> Work required
Go through the records and extract every line with the word "fits".

> Dataset entries
-- ===== src/EpollServer/Send.antt =====
-- `SendData`: what becomes of the block, the chain of the socket and the send threads.
use cmdtran.Common.{
  ℕ, ◌%◌, ◌≤◌, ◌<◌, ◌≡◌, ◌≢◌, refl, sym, Bool, true, false, ◌&&◌, ◌||◌, ◌⊎◌, inl, inr, Option, none,
  some, List, [], ◌∷◌, ◌++◌, take, arith, ◌==◌, if◌then◌else◌, leb, ltb, Bool-cases, append-nil,
}
use cmdtran.Common.Int.{pos}
use cmdtran.Common.Map.{find, update, find-update_self, find-update_ne}
use cmdtran.MemPool.{MemPool, grow_count_max, get_block, free_block}
use cmdtran.MemPool.Lending.{Got, get_block_lem, free_block_lem}
use cmdtran.MemPool.Lending
use cmdtran.MasterWorkPool.{MasterWorkPool}
use cmdtran.MasterWorkPool.Order.{waiting, add_task_lem}
use cmdtran.MasterWorkPool.Order
use cmdtran.MemChain.{MemChain, MemNode, new_node}
use cmdtran.MemChain.Linked.{IsChain}
use cmdtran.MemChain.Queue.{push-IsChain}
use cmdtran.EpollServer.{
  EpollServer, SocketInformation, mem_pool_block_size, send_state_allow, add_send_task, signal,
  pushed, queue_block, fill_block, send_data, copy_to,
}

module _ {K : Type 0} (n sock len : ℕ) (bytes : List ℕ) (back : Bool) (e : EpollServer K)
    (lent : List ℕ) where
  -- Nothing has changed but the pool, which has nothing more lent.
  pub record Refused (e' : EpollServer K) : Type 0 where
    pub pool : Lending.IsValid e'.send_data_mem lent
    pub sockets : e'.socket_info ≡ e.socket_info
    pub tasks : e'.send_thread_manager ≡ e.send_thread_manager
    pub same_kernel : e'.kernel ≡ e.kernel

  -- The pool had no block to give: none is free, and it has grown as often as it may, or by nothing.
  pub record Exhausted (e' : EpollServer K) : Type 0 where
    pub no_block : (get_block e.send_data_mem).0 ≡ none
    pub none_free : e'.send_data_mem.unused_block_queue.size ≡ 0
    pub no_growth :
        (e'.send_data_mem.grow_count ≡ grow_count_max) ⊎ (e'.send_data_mem.grow_step ≡ 0)

  -- One more block is lent, the one that `GetBlock` gives. It has the bytes, and stands at the end of the chain of the socket, whose
  -- send task was added if its state allows to send; nothing else has changed.
  pub record Taken (s : SocketInformation) (xs : List (ℕ × MemNode)) (e' : EpollServer K)
      : Type 0 where
    pub block : ℕ
    pub got : (get_block e.send_data_mem).0 ≡ some block
    pub chain : MemChain
    pub pool : Lending.IsValid e'.send_data_mem (block ∷ lent)
    pub bytes_there : e'.memory ≡ copy_to block (take len bytes) e.memory
    pub at_socket : find sock e'.socket_info ≡ some (record s { output_chain = chain })
    pub queued : IsChain chain (xs ++ (s.output_chain.unused, new_node block len back) ∷ [])
    pub others : (j : ℕ) → sock ≢ j → find j e'.socket_info ≡ find j e.socket_info
    pub tasks :
        (w : ℕ)
        → waiting w e'.send_thread_manager
          ≡ waiting w e.send_thread_manager
            ++ (if s.curr_send_state == send_state_allow && (sock % n == w) then sock ∷ [] else [])
    pub changed :
        e'.socket_info ≡ update sock (λ s. record s { output_chain = chain }) e.socket_info
    pub threads : Order.IsValid n e'.send_thread_manager
    pub same_kernel : e'.kernel ≡ e.kernel

  abbrev pub Outcome :
      SocketInformation → List (ℕ × MemNode) → Option (Bool × EpollServer K) → Type 0
  Outcome s xs out =
      (e' : EpollServer K) × (((out ≡ some (false, e')) × Refused e' × Exhausted e')
        ⊎ ((out ≡ some (true, e')) × Taken s xs e'))

  -- The end of `SendData`, from the state behind the `Push`.
  signal_lem :
      (state : ℕ) (e₁ : EpollServer K)
      → Order.IsValid n e₁.send_thread_manager
      → (tm : MasterWorkPool ℕ) × (signal sock state e₁
          ≡ some (true, record e₁ { send_thread_manager = tm }))
        × ((w : ℕ)
            → waiting w tm
              ≡ waiting w e₁.send_thread_manager
                ++ (if state == send_state_allow && (sock % n == w) then sock ∷ [] else []))
        × Order.IsValid n tm
  unfolding signal add_send_task
  signal_lem state e₁ v = elim (Bool-cases (state == send_state_allow)) [
    | inr waits ↦ rw waits (e₁.send_thread_manager, refl, λ w. sym (append-nil _), v)
    | inl allows ↦
        let (tm, added, ok, order) = add_task_lem n sock sock e₁.send_thread_manager v in
        rw allows (tm, rw (added) refl, order, ok)
  ]

  -- `SendData` from the `Push` on.
  queue_block_lem :
      (block : ℕ) (pool : MemPool) (s : SocketInformation) (xs : List (ℕ × MemNode))
      → find sock e.socket_info ≡ some s
      → IsChain s.output_chain xs
      → Order.IsValid n e.send_thread_manager
      → Lending.IsValid pool (block ∷ lent)
      → (get_block e.send_data_mem).0 ≡ some block
      → Outcome s xs (
          queue_block sock block len back
            (some s)
            (record e { send_data_mem = pool; memory = copy_to block (take len bytes) e.memory }))
  unfolding queue_block pushed
  queue_block_lem block pool s xs at_sock chained threads v given =
      let (chain, done, longer) = push-IsChain s.output_chain xs block len back chained in
      let e₁ = record e {
        send_data_mem = pool;
        memory = copy_to block (take len bytes) e.memory;
        socket_info = update sock (λ s. record s { output_chain = chain }) e.socket_info;
      } in
      let (tm, signals, order, ok) = signal_lem s.curr_send_state e₁ threads in
      (
        record e₁ { send_thread_manager = tm },
        inr (
          rw (done) signals,
          record {
            block = block;
            got = given;
            chain = chain;
            pool = v;
            bytes_there = refl;
            at_socket = find-update_self sock _ e.socket_info s at_sock;
            queued = longer;
            others = λ j h. find-update_ne sock j _ e.socket_info h;
            tasks = order;
            changed = refl;
            threads = ok;
            same_kernel = refl;
          },
        ),
      )

  -- What `SendData` does with what `GetBlock` returned.
  fill_block_lem :
      (got : Option ℕ × MemPool) (s : SocketInformation) (xs : List (ℕ × MemNode))
      → find sock e.socket_info ≡ some s
      → IsChain s.output_chain xs
      → Order.IsValid n e.send_thread_manager
      → Got got lent
      → (get_block e.send_data_mem).0 ≡ got.0
      → Outcome s xs (fill_block sock bytes len back got e)
  unfolding fill_block
  fill_block_lem (none, pool) s xs at_sock chained threads v given = (
    record e { send_data_mem = pool },
    inl (
      refl,
      record { pool = v.0; sockets = refl; tasks = refl; same_kernel = refl },
      record { no_block = given; none_free = v.1; no_growth = v.2 },
    ),
  )
  fill_block_lem (some block, pool) s xs at_sock chained threads v given =
      rw at_sock (queue_block_lem block pool s xs at_sock chained threads v given)

  -- `SendData` of 1 to 1152 bytes to a socket that is there, whose chain is in order, with a pool
  -- that is valid and `n` send threads that run, returns. Either `GetBlock` gives none, since no
  -- block is free and the pool has grown as often as it may or by nothing, and it returns false,
  -- with nothing more lent and no socket and no task changed; or `GetBlock` gives a block, and it
  -- returns true, with that block lent, which has the bytes and stands at the end of the chain of
  -- the socket, the other sockets unchanged, and one send task more, for the thread of the socket,
  -- if the state of the socket allows to send.
  pub send_data_lem :
      (s : SocketInformation) (xs : List (ℕ × MemNode))
      → 0 < len
      → len ≤ mem_pool_block_size
      → find sock e.socket_info ≡ some s
      → IsChain s.output_chain xs
      → Order.IsValid n e.send_thread_manager
      → Lending.IsValid e.send_data_mem lent
      → Outcome s xs (send_data sock (some bytes) (pos len) back e)
  unfolding send_data
  send_data_lem s xs some_bytes fits at_sock chained threads v =
      let checked : (leb len 0 || ltb mem_pool_block_size len) ≡ false = ground arith in
      rw checked (
        fill_block_lem (get_block e.send_data_mem) s xs at_sock chained threads
          (get_block_lem e.send_data_mem lent v) refl)

  unknown_lem :
      (got : Option ℕ × MemPool)
      → find sock e.socket_info ≡ none
      → Got got lent
      → (e' : EpollServer K) × (fill_block sock bytes len back got e ≡ some (false, e'))
        × Refused e'
  unfolding fill_block queue_block
  unknown_lem (none, pool) out v = (
    record e { send_data_mem = pool },
    refl,
    record { pool = v.0; sockets = refl; tasks = refl; same_kernel = refl },
  )
  unknown_lem (some block, pool) out v = (
    record e {
      send_data_mem = (free_block block pool).1;
      memory = copy_to block (take len bytes) e.memory;
    },
    rw (out) refl,
    record {
      pool = (free_block_lem pool block [] lent v).2;
      sockets = refl;
      tasks = refl;
      same_kernel = refl;
    },
  )

  -- `SendData` of 1 to 1152 bytes to a socket that is not there, with a pool that is valid,
  -- returns false, with nothing more lent and no socket and no task changed.
  pub send_data-unknown :
      0 < len
      → len ≤ mem_pool_block_size
      → find sock e.socket_info ≡ none
      → Lending.IsValid e.send_data_mem lent
      → (e' : EpollServer K) × (send_data sock (some bytes) (pos len) back e ≡ some (false, e'))
        × Refused e'
  unfolding send_data
  send_data-unknown some_bytes fits out v =
      let checked : (leb len 0 || ltb mem_pool_block_size len) ≡ false = ground arith in
      rw checked
        (unknown_lem (get_block e.send_data_mem) out (get_block_lem e.send_data_mem lent v))
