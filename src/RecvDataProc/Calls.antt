-- ===== src/RecvDataProc/Calls.antt =====
-- What the calls of `CRecvDataProc` do to the epoll server: a property of its state that each of the
-- four calls of the interface keeps is kept by everything.
use cmdtran.Common.{
  ℕ, ◌≡◌, subst, Bool, true, false, not, ◌&&◌, ◌||◌, Option, none, some, List, [], ◌∷◌, ◌==◌,
  if◌then◌else◌, Bool-cases, Option-cases, inl, inr, take,
}
use cmdtran.Common.Int.{add_ℕ, pred_ℤ, exceeds_ℕ, below_ℕ}
use cmdtran.Common.Map.{find}
use cmdtran.FrameRestruct.{FrameRestruct}
use cmdtran.RecvDataProc.Service.{Backend, FrameProcTask}
use cmdtran.RecvDataProc.Server.{EpollServer}
use cmdtran.RecvDataProc.{
  ClientInfo, RecvDataProc, increase_at, increase_frame_count, decrease_at, decrease_frame_count,
  received, add_recv_data, login, new_client, send_loop, watches, pic_data_recv, reset_camera_id,
  command_proc, process_task, quit_client, frame_byte, login_ack_frame, client_type_phone,
  client_type_pc,
}

pub record Keeps (epoll : EpollServer) (P : epoll.State → Type 0) : Type 0 where
  pub keeps_send :
      (k : ℕ) (bytes : List ℕ) (back : Bool) (s : epoll.State)
      → P s
      → P (epoll.send_data k bytes back s)
  pub keeps_enable : (k : ℕ) (s : epoll.State) → P s → P (epoll.enable_read k s)
  pub keeps_disable : (k : ℕ) (s : epoll.State) → P s → P (epoll.disable_read k s)
  pub keeps_close : (k : ℕ) (s : epoll.State) → P s → P (epoll.close k s)

module _ (epoll : EpollServer) (P : epoll.State → Type 0) (keeps : Keeps epoll P) where
  open epoll use {State, close}
  open keeps use {keeps_send, keeps_enable, keeps_disable, keeps_close}

  increase_at-Keeps :
      (sock count : ℕ) (c : ClientInfo) (p : RecvDataProc State)
      → P p.server
      → P (increase_at epoll sock count c p).1.server
  unfolding increase_at
  increase_at-Keeps sock count c p h =
      elim (Bool-cases
        (exceeds_ℕ (add_ℕ c.frame_count count) p.flow_control_high && c.enable_read)) [
          | inl e ↦ rw e (keeps_disable sock p.server h)
          | inr e ↦ rw e h
        ]

  increase_frame_count-Keeps :
      (sock count : ℕ) (p : RecvDataProc State)
      → P p.server
      → P (increase_frame_count epoll sock count p).1.server
  unfolding increase_frame_count
  increase_frame_count-Keeps sock count p h = elim (Option-cases (find sock p.client_map)) [
    | inl e ↦ rw (e, increase_frame_count) h
    | inr (c, e) ↦ rw (e, increase_frame_count) (increase_at-Keeps sock count c p h)
  ]

  decrease_at-Keeps :
      (sock : ℕ) (c : ClientInfo) (p : RecvDataProc State)
      → P p.server
      → P (decrease_at epoll sock c p).1.server
  unfolding decrease_at
  decrease_at-Keeps sock c p h =
      elim (Bool-cases (below_ℕ (pred_ℤ c.frame_count) p.flow_control_low && not c.enable_read)) [
        | inl e ↦ rw e (keeps_enable sock p.server h)
        | inr e ↦ rw e h
      ]

  decrease_frame_count-Keeps :
      (sock : ℕ) (p : RecvDataProc State)
      → P p.server
      → P (decrease_frame_count epoll sock p).1.server
  unfolding decrease_frame_count
  decrease_frame_count-Keeps sock p h = elim (Option-cases (find sock p.client_map)) [
    | inl e ↦ rw (e, decrease_frame_count) h
    | inr (c, e) ↦ rw (e, decrease_frame_count) (decrease_at-Keeps sock c p h)
  ]

  -- What is returned, if anything is.
  abbrev pub Returned : Option (Bool × RecvDataProc State) → Type 0
  Returned none = Unit
  Returned (some (done, p)) = P p.server

  received-Keeps :
      (sock : ℕ) (out : Option (ℕ × FrameRestruct × Backend)) (p : RecvDataProc State)
      → P p.server
      → Returned (received epoll sock out p)
  unfolding received
  received-Keeps sock none p h = tt
  received-Keeps sock (some (count, r, b)) p h = increase_frame_count-Keeps sock count _ h

  add_recv_data-Returned :
      (sock : ℕ) (buff : List ℕ) (len : ℕ) (p : RecvDataProc State)
      → P p.server
      → Returned (add_recv_data epoll sock buff len p)
  unfolding add_recv_data
  add_recv_data-Returned sock buff len p h = elim (Option-cases (find sock p.client_map)) [
    | inl e ↦ rw (e, add_recv_data) h
    | inr (c, e) ↦ rw (e, add_recv_data) (received-Keeps sock _ p h)
  ]

  pub add_recv_data-Keeps :
      (sock : ℕ) (buff : List ℕ) (len : ℕ) (p p' : RecvDataProc State) (done : Bool)
      → add_recv_data epoll sock buff len p ≡ some (done, p')
      → P p.server
      → P p'.server
  add_recv_data-Keeps sock buff len p p' done e h =
      subst Returned e (add_recv_data-Returned sock buff len p h)

  login-Keeps :
      (sock frame : ℕ) (p : RecvDataProc State) → P p.server → P (login epoll sock frame p).1.server
  unfolding login
  login-Keeps sock frame p h = elim (Option-cases (find sock p.client_map)) [
    | inl e ↦ rw (e, login) h
    | inr (c, e) ↦ rw (e, login) (keeps_send sock login_ack_frame false p.server h)
  ]

  new_client-Keeps :
      (sock frame : ℕ) (p : RecvDataProc State)
      → P p.server
      → P (new_client epoll sock frame p).1.server
  unfolding new_client
  new_client-Keeps sock frame p h =
      elim (Bool-cases (
        frame_byte epoll p frame 4 == client_type_phone
        || frame_byte epoll p frame 4 == client_type_pc)) [
          | inl e ↦ rw e (login-Keeps sock frame p h)
          | inr e ↦ rw e h
        ]

  send_loop-Keeps :
      (sock camera : ℕ) (bytes : List ℕ) (m : List (ℕ × ClientInfo)) (s : State)
      → P s
      → P (send_loop epoll sock camera bytes m s)
  unfolding send_loop
  send_loop-Keeps sock camera bytes [] s h = h
  send_loop-Keeps sock camera bytes ((k, c) ∷ m) s h =
      elim (Bool-cases (watches epoll sock camera (k, c))) [
        | inl e ↦
            rw (send_loop, e) (send_loop-Keeps sock camera bytes m _ (keeps_send k bytes true s h))
        | inr e ↦ rw (send_loop, e) (send_loop-Keeps sock camera bytes m s h)
      ]

  pic_data_recv-Keeps :
      (sock frame len : ℕ) (p : RecvDataProc State)
      → P p.server
      → P (pic_data_recv epoll sock frame len p).server
  unfolding pic_data_recv
  pic_data_recv-Keeps sock frame len p h = elim (Option-cases (find sock p.client_map)) [
    | inl e ↦ rw (e, pic_data_recv) h
    | inr (c, e) ↦
        rw (e, pic_data_recv)
          (send_loop-Keeps sock c.camera_id (take len (p.backend.memory frame)) p.client_map
            p.server h)
  ]

  -- A login that is refused closes the socket.
  after_login-Keeps :
      (sock : ℕ) (done : Bool) (p : RecvDataProc State)
      → P p.server
      → P
          (if done
            then p
            else (let q = quit_client epoll sock p in
                record q { server = close sock q.server })).server
  unfolding quit_client
  after_login-Keeps sock true p h = h
  after_login-Keeps sock false p h = keeps_close sock p.server h

  command_proc-Keeps :
      (sock frame len : ℕ) (p : RecvDataProc State)
      → P p.server
      → P (command_proc epoll sock frame len p).server
  unfolding command_proc reset_camera_id
  command_proc-Keeps sock frame len p h =
      let code : ℕ = frame_byte epoll p frame 3 in
      elim (Bool-cases (code == 0x00)) [
        | inl e ↦ rw e (
            after_login-Keeps sock (new_client epoll sock frame p).0
              (new_client epoll sock frame p).1 (new_client-Keeps sock frame p h))
        | inr e ↦ elim (Bool-cases (code == 0x01)) [
          | inl e' ↦ rw (e, e') h
          | inr e' ↦ elim (Bool-cases (code == 0x10)) [
            | inl e'' ↦ rw (e, e', e'') (pic_data_recv-Keeps sock frame len p h)
            | inr e'' ↦ rw (e, e', e'') h
          ]
        ]
      ]

  pub process_task-Keeps :
      (t : FrameProcTask) (p : RecvDataProc State) → P p.server → P (process_task epoll t p).server
  unfolding process_task
  process_task-Keeps t p h =
      decrease_frame_count-Keeps t.sock _ (command_proc-Keeps t.sock t.frame t.frame_len p h)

> Finished exercise
  send_data_lem s xs some_bytes fits at_sock chained threads v =
  send_data-unknown some_bytes fits out v =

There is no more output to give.